SoC(System on a Chip)などのハードウェア・ソフトウェア協調検証というと,何百万円もするツールが必要となる高度な開発手法と思いがちだ.しかし,その基本的な考え方は決して複雑なものではない.また,最近ではFPGAベンダなどが提供する無償ツールを使って,かなりの設計・検証が行えるようになってきた.ここでは,SystemVerilogをサポートする無償のシミュレータと無償のFPGA用オンチップ・バス・モデルを用いて,ハードウェア・ソフトウェア協調検証の一手法について解説する.(編集部)

 筆者は,日本で唯一のLSI検証関連ブログ「Verification Enginnerの戯言」を運営しています.このブログでは,LSIの設計や検証に利用される記述言語「SystemC」,「SystemVerilog」を中心に,ハイレベル合成(HLS:High Level Synthesis)やVMM(Verification Methodolog Manual for SystemVerilog),OVM(Open Verification Methodolog)などについての記事を掲載しています.

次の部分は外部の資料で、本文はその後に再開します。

-- ===== src/AuthSet/View.antt =====
-- What a set holds for its readers: the parameters with their blobs' bytes, without the storage.
use platform_system_keymaste.Common.{
  ℕ, ◌+◌, ◌≤◌, ◌≡◌, refl, true, false, List, [], ◌∷◌, ◌++◌, map, arith, length, take, drop, All,
  take-append, drop-append, if◌then◌else◌, ap, zero, suc,
}
use platform_system_keymaste.Defs.{KeymasterDefs, KeyParam, SourceParam, is_blob_tag}
use platform_system_keymaste.AuthSet.{AuthorizationSet, blob_param, scalar_param}

abbrev pub slice : ℕ → ℕ → List ℕ → List ℕ
slice at n xs = take n (drop at xs)

abbrev pub view_param : KeymasterDefs → List ℕ → KeyParam → SourceParam
view_param d xs p = record {
  tag = p.tag;
  word = p.word;
  blob = if is_blob_tag d p.tag then slice p.offset p.data_length xs else [];
}

abbrev pub view : KeymasterDefs → AuthorizationSet → List SourceParam
view d s = map (view_param d s.indirect_data) s.elems

-- A parameter as a set keeps it: what stands beside a scalar is no blob.
abbrev pub kept : KeymasterDefs → SourceParam → SourceParam
kept d e = record e { blob = if is_blob_tag d e.tag then e.blob else [] }

-- A blob lies inside `n` bytes of indirect data.
abbrev pub InData : KeymasterDefs → ℕ → KeyParam → Type 0
InData d n p = is_blob_tag d p.tag ≡ true → p.offset + p.data_length ≤ n

slice-append :
    (at n : ℕ) (xs ys : List ℕ) → at + n ≤ length xs → slice at n (xs ++ ys) ≡ slice at n xs
slice-append zero zero xs ys h = refl
slice-append zero (suc n) [] ys h = absurd (omega arith)
slice-append zero (suc n) (x ∷ xs) ys h = ap (◌∷◌ x) (slice-append zero n xs ys (omega arith))
slice-append (suc at) n [] ys h = absurd (omega arith)
slice-append (suc at) n (x ∷ xs) ys h = slice-append at n xs ys (omega arith)

pub slice_behind : (xs ys zs : List ℕ) → slice (length xs) (length ys) (xs ++ (ys ++ zs)) ≡ ys
slice_behind xs ys zs = rw (drop-append xs (ys ++ zs)) (take-append ys zs)

-- More data behind what is there changes no view.
pub view_param-append :
    (d : KeymasterDefs) (xs ys : List ℕ) (ps : List KeyParam)
    → All (InData d (length xs)) ps
    → map (view_param d (xs ++ ys)) ps ≡ map (view_param d xs) ps
view_param-append d xs ys [] h = refl
view_param-append d xs ys (p ∷ ps) h =
    ground (arith, slice-append p.offset p.data_length xs ys, view_param-append d xs ys ps h.1)

pub view_param-scalar :
    (d : KeymasterDefs) (xs : List ℕ) (e : SourceParam)
    → is_blob_tag d e.tag ≡ false
    → view_param d xs (scalar_param e) ≡ kept d e
view_param-scalar d xs e h = rw h

pub view_param-blob :
    (d : KeymasterDefs) (xs zs : List ℕ) (e : SourceParam)
    → is_blob_tag d e.tag ≡ true
    → view_param d (xs ++ (e.blob ++ zs)) (blob_param e (length xs)) ≡ kept d e
view_param-blob d xs zs e h = rw (h, slice_behind xs e.blob zs)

 また,「Verification Enginnerの戯言」では,SystemVerilogに関するWebサイト「All of SystemVerilog」も運営しています.このサイトでは,SystemVerilogについての技術情報を体系的に提供しています.

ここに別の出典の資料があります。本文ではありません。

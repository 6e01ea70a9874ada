-- ===== src/AuthSet/Lookup.antt =====
-- Searching and editing an authorization set: `find`, `erase`, `operator[]`, `GetTagCount`,
-- `Contains` and the `GetTagValue` family of authorization_set.cpp and authorization_set.h.
-- An `int` result of -1 is `none`; positions and sizes fit an `int`.

pub mod Laws
pub mod Erase
use platform_system_keymaste.Common.{
  ℕ, zero, suc, ◌+◌, Bool, true, false, List, [], ◌∷◌, Option, none, some, ltb, ◌==◌, length, drop,
  get_elem?, if◌then◌else◌, ◌&&◌, ◌||◌,
}
use platform_system_keymaste.Defs.{KeyParam, enumerated, integer, long_integer, date_time, boolean}
use platform_system_keymaste.AuthSet.{AuthorizationSet, is_valid}

-- The `while` of `find`, at position `i`.
unfoldable pub find_loop : ℕ → ℕ → List KeyParam → Option ℕ
find_loop tag i [] = none
find_loop tag i (p ∷ ps) = if p.tag == tag then some i else find_loop tag (i + 1) ps

-- `find(tag, begin)`, where `from` is `begin + 1`. A start behind the end is returned as it is.
unfoldable pub find_from : AuthorizationSet → ℕ → ℕ → Option ℕ
unfolding find_loop
find_from s tag from =
    if is_valid s.error
    then if ltb (length s.elems) from then some from else find_loop tag from (drop from s.elems)
    else none

-- `find(tag)`.
unfoldable pub find : AuthorizationSet → ℕ → Option ℕ
unfolding find_from
find s tag = find_from s tag 0

unfoldable pub contains : AuthorizationSet → ℕ → Bool
unfolding find
contains s tag = elim (find s tag) [ none ↦ false | some i ↦ true ]

-- `GetTagCount`: the loop, with one round of fuel for each position.
unfoldable pub count_loop : AuthorizationSet → ℕ → ℕ → ℕ → Option ℕ → ℕ
unfolding find_from
count_loop s tag fuel n none = n
count_loop s tag zero n (some i) = n
count_loop s tag (suc fuel) n (some i) = count_loop s tag fuel (n + 1) (find_from s tag (i + 1))

unfoldable pub get_tag_count : AuthorizationSet → ℕ → ℕ
unfolding count_loop find
get_tag_count s tag = count_loop s tag (length s.elems) 0 (find s tag)

-- The value of the element at a position that `find` gave.
unfoldable pub read_at {ℓ} : {A : Type ℓ} → (KeyParam → A) → List KeyParam → Option ℕ → Option A
read_at f ps none = none
read_at f ps (some i) = elim (get_elem? ps i) [ none ↦ none | some p ↦ some (f p) ]

unfoldable pub get_tag_value_enum : AuthorizationSet → ℕ → Option ℕ
unfolding read_at find
get_tag_value_enum s tag = read_at enumerated s.elems (find s tag)

unfoldable pub get_tag_value_int : AuthorizationSet → ℕ → Option ℕ
unfolding read_at find
get_tag_value_int s tag = read_at integer s.elems (find s tag)

unfoldable pub get_tag_value_long : AuthorizationSet → ℕ → Option ℕ
unfolding read_at find
get_tag_value_long s tag = read_at long_integer s.elems (find s tag)

unfoldable pub get_tag_value_date : AuthorizationSet → ℕ → Option ℕ
unfolding read_at find
get_tag_value_date s tag = read_at date_time s.elems (find s tag)

unfoldable pub get_tag_value_bool : AuthorizationSet → ℕ → Bool
unfolding read_at find
get_tag_value_bool s tag = elim (read_at boolean s.elems (find s tag)) [ none ↦ false | some b ↦ b ]

-- The blob as the offset and the length of its bytes.
unfoldable pub get_tag_value_blob : AuthorizationSet → ℕ → Option (ℕ × ℕ)
unfolding read_at find
get_tag_value_blob s tag = read_at (λ p. (p.offset, p.data_length)) s.elems (find s tag)

-- `while (count <= instance) pos = find(tag, pos)`, for the rounds that are left.
unfoldable pub instance_loop : AuthorizationSet → ℕ → ℕ → ℕ → Option ℕ
unfolding find_from
instance_loop s tag zero from = find_from s tag from
instance_loop s tag (suc n) from = elim (find_from s tag from) [
  | none ↦ none
  | some i ↦ instance_loop s tag n (i + 1)
]

unfoldable pub get_tag_value_enum_rep : AuthorizationSet → ℕ → ℕ → Option ℕ
unfolding read_at instance_loop
get_tag_value_enum_rep s tag n = read_at enumerated s.elems (instance_loop s tag n 0)

unfoldable pub get_tag_value_int_rep : AuthorizationSet → ℕ → ℕ → Option ℕ
unfolding read_at instance_loop
get_tag_value_int_rep s tag n = read_at integer s.elems (instance_loop s tag n 0)

unfoldable pub get_tag_value_long_rep : AuthorizationSet → ℕ → ℕ → Option ℕ
unfolding read_at instance_loop
get_tag_value_long_rep s tag n = read_at long_integer s.elems (instance_loop s tag n 0)

-- `GetTagValue` of a repeatable enumeration tag: exactly one instance is wanted.
unfoldable pub get_only_enum : AuthorizationSet → ℕ → Option ℕ
unfolding get_tag_count get_tag_value_enum_rep
get_only_enum s tag = if get_tag_count s tag == 1 then get_tag_value_enum_rep s tag 0 else none

unfoldable pub contains_value : (KeyParam → ℕ) → ℕ → ℕ → List KeyParam → Bool
contains_value f tag value [] = false
contains_value f tag value (p ∷ ps) = p.tag == tag && f p == value || contains_value f tag value ps

unfoldable pub contains_enum_value : AuthorizationSet → ℕ → ℕ → Bool
unfolding contains_value
contains_enum_value s tag value = contains_value enumerated tag value s.elems

unfoldable pub contains_int_value : AuthorizationSet → ℕ → ℕ → Bool
unfolding contains_value
contains_int_value s tag value = contains_value integer tag value s.elems

abbrev pub remove_at {ℓ} : {A : Type ℓ} → ℕ → List A → List A
remove_at i [] = []
remove_at zero (x ∷ xs) = xs
remove_at (suc i) (x ∷ xs) = x ∷ remove_at i xs

-- `erase(index)`. The indirect data stays as it is.
unfoldable pub erase : AuthorizationSet → ℕ → Bool × AuthorizationSet
erase s index =
    if ltb index (length s.elems)
    then (true, record s { elems = remove_at index s.elems })
    else (false, s)

-- `{KM_TAG_INVALID, {}}`, for the numeric value of KM_TAG_INVALID.
abbrev pub empty_param : ℕ → KeyParam
empty_param tag = record { tag = tag; word = 0; offset = 0; data_length = 0 }

-- `operator[]` at an index that is not negative.
unfoldable pub at : ℕ → AuthorizationSet → ℕ → KeyParam
at invalid_tag s i =
    if is_valid s.error
    then elim (get_elem? s.elems i) [ none ↦ empty_param invalid_tag | some p ↦ p ]
    else empty_param invalid_tag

 筆者への連絡は,ブログ「Verification Engineerの戯言」へのコメントにてお願いします.


(a) Verification Engineerの戯言


(b) All of SystemVerilog
図1 「Verification Engineerの戯言」と「All of SystemVerilog」のWebサイト

 

●無料の環境で新しい検証手法を試せる

 近年,組み込み機器はLSI(ハードウェア)と組み込みソフトウェアが絡み合った複雑なシステムになっています.LSIの開発においては,HDL(ハードウェア記述言語)で実装し,HDLやHVL(ハードウェア検証言語)などで検証を行っています.一方,ソフトウェアについては,検証されたハードウェアを制御するためにプログラム(主にC言語)を実装し,テストを行っています.つまり,ハードウェアとソフトウェアで二度も動作確認を行っていることになります.2回の動作確認の多くを1回にすることができれば,開発期間や開発工数を減らせます.

 本稿では,SystemVerilogの一機能として用意されているDPI-Cを活用する検証/テスト技法について解説します.この方法により,ハードウェア技術者とソフトウェア技術者の両方が利用できる検証/テスト環境を構築できます.

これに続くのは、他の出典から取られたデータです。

-- ===== src/Enforcement.antt =====
-- keymaster_enforcement.cpp and include/keymaster/keymaster_enforcement.h: the state of
-- KeymasterEnforcement, its two tables, and what the subclass supplies.
pub mod Tables
pub mod Authorize
use platform_system_keymaste.Common.{ℕ, Bool, List, Option}

-- hw_auth_token_t.
pub record HwAuthToken : Type 0 where
  pub version : ℕ
  pub challenge : ℕ
  pub user_id : ℕ
  pub authenticator_id : ℕ
  pub authenticator_type : ℕ
  pub timestamp : ℕ

-- The virtual methods of KeymasterEnforcement during one call, and the layout of hw_auth_token_t,
-- whose header is not in the repository. `time_checked` is what `get_current_time` gives while the
-- parameters are checked, `time_updated` what it gives when the table of access times is updated.
pub record Context : Type 0 where
  pub activation_date_valid : ℕ → Bool
  pub expiration_date_passed : ℕ → Bool
  pub auth_token_timed_out : HwAuthToken → ℕ → Bool
  pub validate_token_signature : HwAuthToken → Bool
  pub time_checked : ℕ
  pub time_updated : ℕ
  pub token_size : ℕ
  pub token_version : ℕ
  pub read_token : List ℕ → HwAuthToken

-- AccessTimeMap::AccessTime.
pub record AccessTime : Type 0 where
  pub keyid : ℕ
  pub access_time : ℕ
  pub timeout : ℕ

pub record AccessTimeMap : Type 0 where
  pub last_access_list : List AccessTime
  pub max_size : ℕ

-- AccessCountMap::AccessCount.
pub record AccessCount : Type 0 where
  pub keyid : ℕ
  pub access_count : ℕ

pub record AccessCountMap : Type 0 where
  pub access_count_list : List AccessCount
  pub max_size : ℕ

-- A table is `none` where its allocation failed in the constructor.
pub record KeymasterEnforcement : Type 0 where
  pub access_time_map : Option AccessTimeMap
  pub access_count_map : Option AccessCountMap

 解説のための題材として,ここでは米国Altera社の開発ツールであるSOPC Builderで利用できるAvalon IP(同社独自のオンチップ・バス)の動作を検証/テストしてみます.一般に,Avalon IPを検証/テストする際には,Nios CPUによるシミュレーションを行う必要があります.しかし,Nios CPUをHDLシミュレータで動作させると,シミュレーション速度が非常に遅くなってしまいます.

 今回はこのシミュレーション速度の問題を解決するために,Altera社が提供している「Avalon Verification IP Suite」をBFM(Bus Functional Model)として利用し,このBFMをSystemVerilogのDPI-C(Direct Programming Interface-C)経由でC言語からアクセスできるようにします.これにより,Nios CPUでC言語のプログラムを動作させるのと同等のことが行え,Nios CPUを使わなくてもシミュレーションを高速に実行できます.

 Altera社の開発ツール(Quartus II,SOPC Builder,ModelSim Altera Edition Starter)について,ユーザ登録を行う必要はありますが,費用はかかりません.無料です.まずは,無料のツールを使って試してみて,いいものかどうかを確認できます.今の時代,自分自身の手で手軽に確認できるということは重要です.ぜひ,自身で確認してみてください.

 

●複数言語の併用に起因する問題を解消したSystemVerilog

 SystemVerilog は2005年にIEEE 1800として標準化されました.そして,SystemVerilogとVerilog HDLを統合したIEEE1800-2009の標準化作業もほぼ終わり,早くて年内(2009年),遅くても年明けの早い時期に新しいバーションのSystemVerilogが登場します.

 SystemVerilogが標準化されたことから,すでに多くのEDAツールがSystemVerilogをサポートしています.特に,SystemVerilogが検証専用言語(eやOpenVera,PSL)と同等の機能を仕様に取り込んだことから,従来,複数の言語(例えばVerilog HDLとeの組み合わせ)で行ってきた実装設計と検証を一つの言語(SystemVerilog)で行えるようになりました.つまり,複数の言語に対応したツールの購入や言語の使い方の習得にかかるコストを削減できるわけです.

 特にVerilog HDLを実装設計に使ってきた場合は,今まで使っていた機能シミュレータがそのまま使えます(ほとんどのVerilog HDLシミュレータはSystemVerilogをサポートしている.ただし,機能の一部,例えばアサーションが別ライセンスになっているシミュレータもある).また,複数の言語を使用する場合,一般に言語間をPLI(Programming Language Interface)やVPI(Verilog Procedure Interface)などを使って接続します.これらのインターフェースにはオーバヘッドが大きいという問題があり,全体のシミュレーション速度が低下しがちでした.この問題も,一つの言語になることにより解消に向かいます.

 SystemVerilogが備える主な検証機能は,以下の五つです.

  • アサーション
  • C/C++と同等なデータ・タイプとクラス
  • 制約付きランダム生成
  • 機能カバレッジ
  • DPI-C

 アサーション,C/C++と同等なデータ・タイプとクラス,制約付きランダム生成,機能カバレッジについては,EDAベンダのセミナなどを中心に,いろいろな場所で紹介されています.前述のVMMやOVMは,これらの機能を応用した代表的な例です.